De uno de los orificios de la nariz de la mujer de cabello más oscuro emerge una línea de sangre seca que, al llegar hasta la barbilla, deja que su caudal ya muerto se bifurque en diversos brazos. Habiendo ido estos distintos afluentes a jugar con los redondos y desnudos pechos blancos, ahora semejan grietas muertas sobre el cuerpo que, por ello, supone a la vista tierra estéril.

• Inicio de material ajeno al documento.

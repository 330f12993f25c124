-- ===== src/Drivers/Mouse/Setup.antt =====
-- The set-up of the mouse through its controller, `ps2_mouse_init` of
-- kernel/src/drivers/ps2_mouse.c. `status` gives what each read of the controller's status answers, and
-- `data_port` what each read of its data port does. A wait gives up after 100000 reads.
pub mod Traffic
use chef_os.Prelude.{
  ℕ, zero, suc, ◌+◌, ◌*◌, ◌≤◌, ◌==◌, ◌≡◌, refl, ap, ◌∙◌, sym, Bool, true, false, List, [], ◌∷◌,
  ◌++◌, bit_and, bit_or, arith, ◌<◌, Bool-cases, inl, inr,
}
use chef_os.Drivers.Timer.{PortWrite}
use chef_os.Drivers.Polling.{Ports, status_read, write_all}

-- `while (timeout--) { if (...) return; }`
unfoldable pub wait_loop : (timeout : ℕ) → (done : ℕ → Bool) → (status : ℕ → ℕ) → Ports → Ports
wait_loop zero done status p = p
wait_loop (suc timeout) done status p = elim (done (status p.status_reads)) [
  | true ↦ status_read p
  | false ↦ wait_loop timeout done status (status_read p)
]

abbrev pub timeout_reads : ℕ
timeout_reads = 100000

abbrev pub output_full : (status : ℕ) → Bool
output_full status = bit_and status 1 == 1

abbrev pub input_empty : (status : ℕ) → Bool
input_empty status = bit_and status 2 == 0

-- `mouse_wait`: type 0 waits for data to read, any other for room to write.
abbrev pub mouse_wait : (kind : ℕ) → (status : ℕ → ℕ) → Ports → Ports
mouse_wait zero status p = wait_loop timeout_reads output_full status p
mouse_wait (suc kind) status p = wait_loop timeout_reads input_empty status p

abbrev pub outb : (port value : ℕ) → Ports → Ports
outb port value p = write_all (record { port = port; value = value } ∷ []) p

-- A wait and the write after it.
unfoldable pub wait_outb : (status : ℕ → ℕ) → (port value : ℕ) → Ports → Ports
wait_outb status port value p = outb port value (mouse_wait 1 status p)

-- A wait and the read of the data port after it: the byte, and the ports.
unfoldable pub mouse_read : (status data_port : ℕ → ℕ) → Ports → ℕ × Ports
mouse_read status data_port p =
    let q = mouse_wait 0 status p in
    (data_port q.data_reads, record q { data_reads = q.data_reads + 1 })

unfoldable pub mouse_write : (status : ℕ → ℕ) → (byte : ℕ) → Ports → Ports
mouse_write status byte p = wait_outb status 0x60 byte (wait_outb status 0x64 0xD4 p)

-- The controller's configuration, with the interrupt of the mouse enabled.
unfoldable pub set_config : (status data_port : ℕ → ℕ) → Ports → Ports
set_config status data_port p =
    let asked = mouse_read status data_port (wait_outb status 0x64 0x20 p) in
    wait_outb status 0x60 (bit_or asked.0 2) (wait_outb status 0x64 0x60 asked.1)

-- A command to the mouse, and the read of its answer.
unfoldable pub command : (status data_port : ℕ → ℕ) → (byte : ℕ) → Ports → Ports
command status data_port byte p = (mouse_read status data_port (mouse_write status byte p)).1

-- The port traffic of `ps2_mouse_init`.
unfoldable pub set_up : (status data_port : ℕ → ℕ) → Ports → Ports
set_up status data_port p =
    command status data_port 0xF4
      (command status data_port 0xF6 (set_config status data_port (wait_outb status 0x64 0xA8 p)))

Junto a estos surcos excavados en la juventud de la mujer de mediana estatura, descansa su ahora inerte piel blanca, tan blanca como son blancas las melodías que hablan de los dioses ya muertos. A su lado, el otro cuerpo, de mayor estatura, y cabello más rubio, inmóvil, sin aparentes signos de violencia, yace. El rostro de este cadáver parece el sol. El cabello, disperso tras la nuca, semeja los rayos de un sol barroco, tranquilo, placentero, que reposa en un cielo mágico y rojo. El untuoso líquido, alrededor del cuerpo tendido, como el verso de un aedo ilustre, fulge hostigado por el sol e irradia sus destellos a las nubes. Infinidad de moscas zumban en el lugar.
El olor, arrancado a los cadáveres por la obstinación de este astro que otro día vuelve a nacer, que se niega a relajar sus rigores, contrasta con la bella estampa que conforman las dos mujeres muertas. Aún así una mariposa con sus cuantiosas extremidades impregnadas en la sangre de Alina aletea entre los hedores para ir a depositar ese polen rojo en el cuerpo de Olena. Desciende sobre la aureola grana y limpia del pecho suave, redondo y claro, tal que un cervatillo esponjoso y albino, allí tropieza con el pezón dormido y dibuja signos arbitrarios en su pendiente curvada.
Cuando la mariposa vuela de nuevo lleva consigo el aura de las manos masculinas. Con ello, el cadáver de Olena, queda limpio e inmaculado.